_What is required_
Locate every line in the material below that has the word "none". Copy each of those lines.

_Records to use_
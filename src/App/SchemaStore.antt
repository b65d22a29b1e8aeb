-- ===== src/App/SchemaStore.antt =====
-- `SchemaStore` of src/app.rs: the declared, the inferred and the merged schema, and for each
-- resource the revision of its declared table.
pub mod Revisions
pub mod Trust
use dirbase.Prelude.{
  ℕ, String, ◌+◌, ◌%◌, ◌^◌, Option, none, some, List, [], ◌∷◌, ◌++◌, if◌then◌else◌, unwrap_or,
  and_then,
}
use dirbase.BTreeMap
use dirbase.BTreeMap.{BTreeMap}
use dirbase.Error.{Result, ok, err, ◌>>=◌}
use dirbase.Runtime.{Runtime}
use dirbase.Schema.Types.{DeclaredTableSchema, DeclaredSchema, Schema}
use dirbase.Schema.Types.Equal.{same_table}
use dirbase.Schema.Merge.{merge_schemas}

abbrev pub u64_size : ℕ
u64_size = 2 ^ 64

-- `n.wrapping_add(k)` and `fetch_add` of 64-bit counters.
abbrev pub wrapping_add : ℕ → ℕ → ℕ
wrapping_add n k = (n + k) % u64_size

-- `BTreeSet<String>`, and its `collect`.
abbrev pub BTreeSet : Type 0
BTreeSet = BTreeMap (Unit {0})

unfoldable pub collect : List String → BTreeSet
collect [] = []
collect (name ∷ names) = BTreeMap.insert (collect names) name tt

-- The revisions, and the last one given out.
abbrev pub Revisions : Type 0
Revisions = BTreeMap ℕ × ℕ

-- The revision of a resource, 0 while its table has never changed.
unfoldable pub revision_of : BTreeMap ℕ → String → ℕ
revision_of revisions resource = unwrap_or (BTreeMap.get revisions resource) 0

module _ ⦃rt : Runtime⦄ where
  pub record SchemaStore : Type 0 where
    pub declared : Option DeclaredSchema
    pub inferred : Schema
    pub merged : Schema
    pub declared_revisions : BTreeMap ℕ
    pub next_declared_revision : ℕ

  unfoldable pub new : Option DeclaredSchema → Schema → Result SchemaStore String
  new declared inferred = do
    merged ← merge_schemas declared inferred
    ok (record {
      declared = declared;
      inferred = inferred;
      merged = merged;
      declared_revisions = [];
      next_declared_revision = 0;
    })

  unfoldable pub merged_into :
      SchemaStore → Result Schema String → SchemaStore × Result (Unit {0}) String
  merged_into store (err failure) = (store, err failure)
  merged_into store (ok merged) = (record store { merged = merged }, ok tt)

  -- The inferred schema is stored before the merge, which may fail.
  unfoldable pub replace_inferred : SchemaStore → Schema → SchemaStore × Result (Unit {0}) String
  unfolding merged_into
  replace_inferred store inferred =
      merged_into (record store { inferred = inferred }) (merge_schemas store.declared inferred)

  -- `declared.as_ref().map(|schema| &schema.tables)`
  unfoldable pub tables_of : Option DeclaredSchema → BTreeMap DeclaredTableSchema
  tables_of none = []
  tables_of (some declared) = declared.tables

  -- `declared.as_ref().and_then(|schema| schema.tables.get(resource))`
  unfoldable pub declared_table : Option DeclaredSchema → String → Option DeclaredTableSchema
  declared_table declared resource = and_then declared (λ d. BTreeMap.get d.tables resource)

  unfoldable pub changed_resources : Option DeclaredSchema → Option DeclaredSchema → BTreeSet
  unfolding tables_of collect
  changed_resources previous next =
      collect (BTreeMap.keys (tables_of previous) ++ BTreeMap.keys (tables_of next))

  -- A table that is not the same gets a new revision.
  unfoldable pub revise :
      Option DeclaredTableSchema → Option DeclaredTableSchema → String → Revisions → Revisions
  revise previous next resource revisions = if same_table previous next then revisions else (
    BTreeMap.insert revisions.0 resource (wrapping_add revisions.1 1),
    wrapping_add revisions.1 1,
  )

  unfoldable pub revise_all :
      Option DeclaredSchema → Option DeclaredSchema → BTreeSet → Revisions → Revisions
  unfolding revise declared_table
  revise_all previous next [] revisions = revisions
  revise_all previous next ((resource, _) ∷ names) revisions =
      revise_all previous next names (
        revise (declared_table previous resource) (declared_table next resource) resource revisions)

  unfoldable pub install_declared :
      SchemaStore
      → Option DeclaredSchema
      → Result Schema String
      → SchemaStore × Result (Unit {0}) String
  unfolding revise_all changed_resources
  install_declared store declared (err failure) = (store, err failure)
  install_declared store declared (ok merged) =
      let revisions =
        revise_all store.declared declared (changed_resources store.declared declared)
          (store.declared_revisions, store.next_declared_revision) in
      (
        record store {
          declared = declared;
          merged = merged;
          declared_revisions = revisions.0;
          next_declared_revision = revisions.1;
        },
        ok tt,
      )

  unfoldable pub replace_declared :
      SchemaStore → Option DeclaredSchema → SchemaStore × Result (Unit {0}) String
  unfolding install_declared
  replace_declared store declared =
      install_declared store declared (merge_schemas declared store.inferred)

  unfoldable pub validation_snapshot : SchemaStore → String → ℕ × Option DeclaredTableSchema
  unfolding revision_of declared_table
  validation_snapshot store resource =
      (revision_of store.declared_revisions resource, declared_table store.declared resource)
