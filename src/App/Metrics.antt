-- ===== src/App/Metrics.antt =====
-- `MetricsStore` and `HealthState` of src/app.rs.
use dirbase.Prelude.{ℕ, String, Bool, true, false, ◌-◌, Option, none, some, if◌then◌else◌, ltb}
use dirbase.App.SchemaStore.{u64_size, wrapping_add}

pub record MetricsStore : Type 0 where
  pub requests_total : ℕ
  pub responses_total : ℕ
  pub responses_error : ℕ
  pub auth_failures : ℕ
  pub events_sent : ℕ
  pub resource_cache_hits_total : ℕ
  pub resource_cache_misses_total : ℕ
  pub resource_cache_revalidations_total : ℕ
  pub resource_validation_passes_total : ℕ
  pub resource_validation_rows_total : ℕ

abbrev pub record_request : MetricsStore → MetricsStore
record_request m = record m { requests_total = wrapping_add m.requests_total 1 }

abbrev pub record_response : MetricsStore → Bool → MetricsStore
record_response m is_error =
    let counted = record m { responses_total = wrapping_add m.responses_total 1 } in
    if is_error
    then record counted { responses_error = wrapping_add m.responses_error 1 }
    else counted

abbrev pub record_auth_failure : MetricsStore → MetricsStore
record_auth_failure m = record m { auth_failures = wrapping_add m.auth_failures 1 }

abbrev pub record_event : MetricsStore → MetricsStore
record_event m = record m { events_sent = wrapping_add m.events_sent 1 }

abbrev pub record_resource_cache_hit : MetricsStore → MetricsStore
record_resource_cache_hit m = record m {
  resource_cache_hits_total = wrapping_add m.resource_cache_hits_total 1;
}

abbrev pub record_resource_cache_miss : MetricsStore → MetricsStore
record_resource_cache_miss m = record m {
  resource_cache_misses_total = wrapping_add m.resource_cache_misses_total 1;
}

abbrev pub record_resource_cache_revalidation : MetricsStore → MetricsStore
record_resource_cache_revalidation m = record m {
  resource_cache_revalidations_total = wrapping_add m.resource_cache_revalidations_total 1;
}

-- `u64::try_from(rows).unwrap_or(u64::MAX)`
abbrev u64_of_usize : ℕ → ℕ
u64_of_usize rows = if ltb rows u64_size then rows else u64_size - 1

abbrev pub record_resource_validation : MetricsStore → ℕ → MetricsStore
record_resource_validation m rows = record m {
  resource_validation_passes_total = wrapping_add m.resource_validation_passes_total 1;
  resource_validation_rows_total =
      wrapping_add m.resource_validation_rows_total (u64_of_usize rows);
}

pub record HealthState : Type 0 where
  pub ready : Bool
  pub last_error : Option String

abbrev pub mark_ready : HealthState
mark_ready = record { ready = true; last_error = none }

abbrev pub mark_not_ready : String → HealthState
mark_not_ready error = record { ready = false; last_error = some error }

_Problem solution_
  ℕ, String, ◌+◌, ◌%◌, ◌^◌, Option, none, some, List, [], ◌∷◌, ◌++◌, if◌then◌else◌, unwrap_or,
  tables_of none = []
use dirbase.Prelude.{ℕ, String, Bool, true, false, ◌-◌, Option, none, some, if◌then◌else◌, ltb}
mark_ready = record { ready = true; last_error = none }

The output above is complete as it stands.